### ACTIVITY:
The task calls for every line of the data to be repeated exactly.

### RECORDS PROVIDED:
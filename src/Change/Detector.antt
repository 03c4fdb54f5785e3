-- ===== src/Change/Detector.antt =====
-- `ChangeDetector` of continuous/change_detection/change_detector.py. The moment of detection is an
-- argument.
pub mod Report
use chain_sentinel.Base.{
  ℕ, String, Bool, List, [], ◌∷◌, eqb, if◌then◌else◌, length, sort_by, mem, add, Result, ok, ◌>>=◌,
  ◌>>◌, join, texts_le, join,
}
use chain_sentinel.History.Models.{ProtocolSnapshot}
use chain_sentinel.Watch.Subscription.{Texts}
use chain_sentinel.Change.Models.{
  ChangeEvent, ChangeDetectionResult, Error, value_error, change_type_value,
}
use chain_sentinel.Change.Snapshot.{ensure_protocol_compatibility}
use chain_sentinel.Change.Diff.{RawChange, diff, change_event_id, classify}

unfoldable pub event_id_of : Texts → String → RawChange → String
unfolding change_event_id
event_id_of texts watch_id c =
    change_event_id texts watch_id c.change_type c.before c.after c.affected_contracts

unfoldable pub event_of : Texts → String → ℕ → RawChange → ChangeEvent
unfolding event_id_of classify
event_of texts watch_id timestamp c = record {
  event_id = event_id_of texts watch_id c;
  change_type = c.change_type;
  severity = (classify c).0;
  before = c.before;
  after = c.after;
  affected_contracts = c.affected_contracts;
  timestamp = timestamp;
  confidence = (classify c).1;
  metadata = ("watch_id", watch_id) ∷ [];
}

-- The loop of `_build_events`, from the set of ids that are seen.
unfoldable pub new_events : Texts → String → ℕ → List RawChange → List String → List ChangeEvent
unfolding event_of
new_events texts watch_id timestamp [] seen = []
new_events texts watch_id timestamp (c ∷ changes) seen =
    let event_id = event_id_of texts watch_id c in
    if mem event_id seen
    then new_events texts watch_id timestamp changes seen
    else event_of texts watch_id timestamp c
      ∷ new_events texts watch_id timestamp changes (add event_id seen)

abbrev pub event_key : ChangeEvent → List String
event_key e = change_type_value e.change_type ∷ join "," e.affected_contracts ∷ e.event_id ∷ []

abbrev pub event_le : ChangeEvent → ChangeEvent → Bool
event_le a b = texts_le (event_key a) (event_key b)

unfoldable pub build_events : Texts → String → List RawChange → ℕ → List ChangeEvent
unfolding new_events
build_events texts watch_id changes timestamp =
    sort_by event_le (new_events texts watch_id timestamp changes [])

unfoldable pub detect :
    Texts → ProtocolSnapshot → ProtocolSnapshot → ℕ → Result Error ChangeDetectionResult
unfolding ensure_protocol_compatibility diff build_events
detect texts baseline current detected_at = do
  _ ← ensure_protocol_compatibility baseline current
  raw_changes ← diff baseline current
  let events = build_events texts baseline.watch_id raw_changes detected_at
  ok (record {
    watch_id = baseline.watch_id;
    baseline_snapshot_id = baseline.snapshot_id;
    current_snapshot_id = current.snapshot_id;
    detected_at = detected_at;
    changes = events;
    unchanged = eqb (length events) 0;
  })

### RESPONSE TO THE TASK:
filename src/Change/Detector.antt
repository 03c4fdb54f5785e3
-- ===== src/Change/Detector.antt =====
-- `ChangeDetector` of continuous/change_detection/change_detector.py. The moment of detection is an
-- argument.
pub mod Report
use chain_sentinel.Base.{
  ℕ, String, Bool, List, [], ◌∷◌, eqb, if◌then◌else◌, length, sort_by, mem, add, Result, ok, ◌>>=◌,
  ◌>>◌, join, texts_le, join,
}
use chain_sentinel.History.Models.{ProtocolSnapshot}
use chain_sentinel.Watch.Subscription.{Texts}
use chain_sentinel.Change.Models.{
  ChangeEvent, ChangeDetectionResult, Error, value_error, change_type_value,
}
use chain_sentinel.Change.Snapshot.{ensure_protocol_compatibility}
use chain_sentinel.Change.Diff.{RawChange, diff, change_event_id, classify}

unfoldable pub event_id_of : Texts → String → RawChange → String
unfolding change_event_id
event_id_of texts watch_id c =
    change_event_id texts watch_id c.change_type c.before c.after c.affected_contracts

unfoldable pub event_of : Texts → String → ℕ → RawChange → ChangeEvent
unfolding event_id_of classify
event_of texts watch_id timestamp c = record {
  event_id = event_id_of texts watch_id c;
  change_type = c.change_type;
  severity = (classify c).0;
  before = c.before;
  after = c.after;
  affected_contracts = c.affected_contracts;
  timestamp = timestamp;
  confidence = (classify c).1;
  metadata = ("watch_id", watch_id) ∷ [];
}

-- The loop of `_build_events`, from the set of ids that are seen.
unfoldable pub new_events : Texts → String → ℕ → List RawChange → List String → List ChangeEvent
unfolding event_of
new_events texts watch_id timestamp [] seen = []
new_events texts watch_id timestamp (c ∷ changes) seen =
    let event_id = event_id_of texts watch_id c in
    if mem event_id seen
    then new_events texts watch_id timestamp changes seen
    else event_of texts watch_id timestamp c
      ∷ new_events texts watch_id timestamp changes (add event_id seen)

abbrev pub event_key : ChangeEvent → List String
event_key e = change_type_value e.change_type ∷ join "," e.affected_contracts ∷ e.event_id ∷ []

abbrev pub event_le : ChangeEvent → ChangeEvent → Bool
event_le a b = texts_le (event_key a) (event_key b)

unfoldable pub build_events : Texts → String → List RawChange → ℕ → List ChangeEvent
unfolding new_events
build_events texts watch_id changes timestamp =
    sort_by event_le (new_events texts watch_id timestamp changes [])

unfoldable pub detect :
    Texts → ProtocolSnapshot → ProtocolSnapshot → ℕ → Result Error ChangeDetectionResult
unfolding ensure_protocol_compatibility diff build_events
detect texts baseline current detected_at = do
  _ ← ensure_protocol_compatibility baseline current
  raw_changes ← diff baseline current
  let events = build_events texts baseline.watch_id raw_changes detected_at
  ok (record {
    watch_id = baseline.watch_id;
    baseline_snapshot_id = baseline.snapshot_id;
    current_snapshot_id = current.snapshot_id;
    detected_at = detected_at;
    changes = events;
    unchanged = eqb (length events) 0;
  })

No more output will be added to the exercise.